■ **Description of the task**:
Copy each line of the records below, from the first through the one that contains "-- s.replace('0x', ''): the", exactly as written.

■ **Provided material**:
_ _ _ _
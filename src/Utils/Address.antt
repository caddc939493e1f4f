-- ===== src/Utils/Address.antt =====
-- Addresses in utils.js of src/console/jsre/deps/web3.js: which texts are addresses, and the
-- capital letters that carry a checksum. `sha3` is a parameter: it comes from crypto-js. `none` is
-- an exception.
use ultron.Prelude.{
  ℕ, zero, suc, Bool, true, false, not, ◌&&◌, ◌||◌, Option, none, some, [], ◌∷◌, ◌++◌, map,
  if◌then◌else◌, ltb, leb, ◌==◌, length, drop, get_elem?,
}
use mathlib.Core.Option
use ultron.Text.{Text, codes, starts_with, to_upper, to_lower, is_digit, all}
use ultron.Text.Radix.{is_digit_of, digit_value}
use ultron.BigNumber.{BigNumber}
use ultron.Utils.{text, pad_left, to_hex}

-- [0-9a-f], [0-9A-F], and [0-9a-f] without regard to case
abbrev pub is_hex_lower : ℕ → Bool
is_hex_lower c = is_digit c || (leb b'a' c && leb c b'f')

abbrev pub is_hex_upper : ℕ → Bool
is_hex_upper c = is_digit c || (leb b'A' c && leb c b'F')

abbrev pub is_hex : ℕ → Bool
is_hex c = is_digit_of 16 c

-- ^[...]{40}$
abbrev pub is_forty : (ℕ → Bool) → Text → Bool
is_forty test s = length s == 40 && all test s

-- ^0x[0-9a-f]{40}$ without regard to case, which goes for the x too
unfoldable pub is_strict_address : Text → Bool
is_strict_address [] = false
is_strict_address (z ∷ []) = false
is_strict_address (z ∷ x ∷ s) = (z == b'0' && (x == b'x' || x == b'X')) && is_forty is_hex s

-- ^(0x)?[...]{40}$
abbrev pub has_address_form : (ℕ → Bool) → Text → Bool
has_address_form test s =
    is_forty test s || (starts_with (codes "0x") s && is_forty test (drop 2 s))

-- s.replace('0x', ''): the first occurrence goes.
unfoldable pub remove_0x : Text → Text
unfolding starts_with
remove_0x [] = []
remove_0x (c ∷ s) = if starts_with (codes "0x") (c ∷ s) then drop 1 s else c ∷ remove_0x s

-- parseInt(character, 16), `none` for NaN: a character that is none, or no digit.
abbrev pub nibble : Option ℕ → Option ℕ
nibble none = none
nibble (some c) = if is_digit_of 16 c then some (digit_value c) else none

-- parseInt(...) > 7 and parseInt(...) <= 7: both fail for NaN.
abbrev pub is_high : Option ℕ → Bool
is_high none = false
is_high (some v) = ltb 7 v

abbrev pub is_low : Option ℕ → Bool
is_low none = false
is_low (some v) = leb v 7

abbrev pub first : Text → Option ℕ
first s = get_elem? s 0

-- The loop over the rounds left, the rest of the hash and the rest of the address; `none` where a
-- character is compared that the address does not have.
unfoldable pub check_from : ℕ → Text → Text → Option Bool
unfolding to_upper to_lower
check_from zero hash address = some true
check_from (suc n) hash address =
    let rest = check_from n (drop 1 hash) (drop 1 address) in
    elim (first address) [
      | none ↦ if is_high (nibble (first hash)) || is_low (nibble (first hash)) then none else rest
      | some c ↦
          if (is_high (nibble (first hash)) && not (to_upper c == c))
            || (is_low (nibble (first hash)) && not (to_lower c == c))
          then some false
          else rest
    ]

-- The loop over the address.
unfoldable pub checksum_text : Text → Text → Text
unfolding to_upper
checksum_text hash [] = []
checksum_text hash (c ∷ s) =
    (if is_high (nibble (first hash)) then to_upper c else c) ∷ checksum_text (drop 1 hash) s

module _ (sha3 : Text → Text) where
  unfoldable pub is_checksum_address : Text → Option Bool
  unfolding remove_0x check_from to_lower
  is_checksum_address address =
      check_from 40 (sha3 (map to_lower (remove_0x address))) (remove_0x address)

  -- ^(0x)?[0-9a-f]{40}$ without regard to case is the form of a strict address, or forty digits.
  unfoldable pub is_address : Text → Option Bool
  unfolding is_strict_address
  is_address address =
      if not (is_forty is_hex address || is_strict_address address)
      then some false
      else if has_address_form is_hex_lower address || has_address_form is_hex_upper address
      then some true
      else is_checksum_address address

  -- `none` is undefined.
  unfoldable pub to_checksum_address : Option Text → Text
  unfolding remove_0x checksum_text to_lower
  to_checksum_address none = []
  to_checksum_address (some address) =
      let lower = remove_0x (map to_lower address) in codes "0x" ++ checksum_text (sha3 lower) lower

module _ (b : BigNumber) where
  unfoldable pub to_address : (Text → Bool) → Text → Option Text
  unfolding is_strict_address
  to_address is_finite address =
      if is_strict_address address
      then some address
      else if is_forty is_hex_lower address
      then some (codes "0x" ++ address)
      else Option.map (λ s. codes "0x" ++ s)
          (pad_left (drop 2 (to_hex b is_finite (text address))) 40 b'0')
_ _ _ _
■ **Answer box**:
filename src/Utils/Address.antt
repository caddc939493e1f4f
-- ===== src/Utils/Address.antt =====
-- Addresses in utils.js of src/console/jsre/deps/web3.js: which texts are addresses, and the
-- capital letters that carry a checksum. `sha3` is a parameter: it comes from crypto-js. `none` is
-- an exception.
use ultron.Prelude.{
  ℕ, zero, suc, Bool, true, false, not, ◌&&◌, ◌||◌, Option, none, some, [], ◌∷◌, ◌++◌, map,
  if◌then◌else◌, ltb, leb, ◌==◌, length, drop, get_elem?,
}
use mathlib.Core.Option
use ultron.Text.{Text, codes, starts_with, to_upper, to_lower, is_digit, all}
use ultron.Text.Radix.{is_digit_of, digit_value}
use ultron.BigNumber.{BigNumber}
use ultron.Utils.{text, pad_left, to_hex}

-- [0-9a-f], [0-9A-F], and [0-9a-f] without regard to case
abbrev pub is_hex_lower : ℕ → Bool
is_hex_lower c = is_digit c || (leb b'a' c && leb c b'f')

abbrev pub is_hex_upper : ℕ → Bool
is_hex_upper c = is_digit c || (leb b'A' c && leb c b'F')

abbrev pub is_hex : ℕ → Bool
is_hex c = is_digit_of 16 c

-- ^[...]{40}$
abbrev pub is_forty : (ℕ → Bool) → Text → Bool
is_forty test s = length s == 40 && all test s

-- ^0x[0-9a-f]{40}$ without regard to case, which goes for the x too
unfoldable pub is_strict_address : Text → Bool
is_strict_address [] = false
is_strict_address (z ∷ []) = false
is_strict_address (z ∷ x ∷ s) = (z == b'0' && (x == b'x' || x == b'X')) && is_forty is_hex s

-- ^(0x)?[...]{40}$
abbrev pub has_address_form : (ℕ → Bool) → Text → Bool
has_address_form test s =
    is_forty test s || (starts_with (codes "0x") s && is_forty test (drop 2 s))

-- s.replace('0x', ''): the first occurrence goes.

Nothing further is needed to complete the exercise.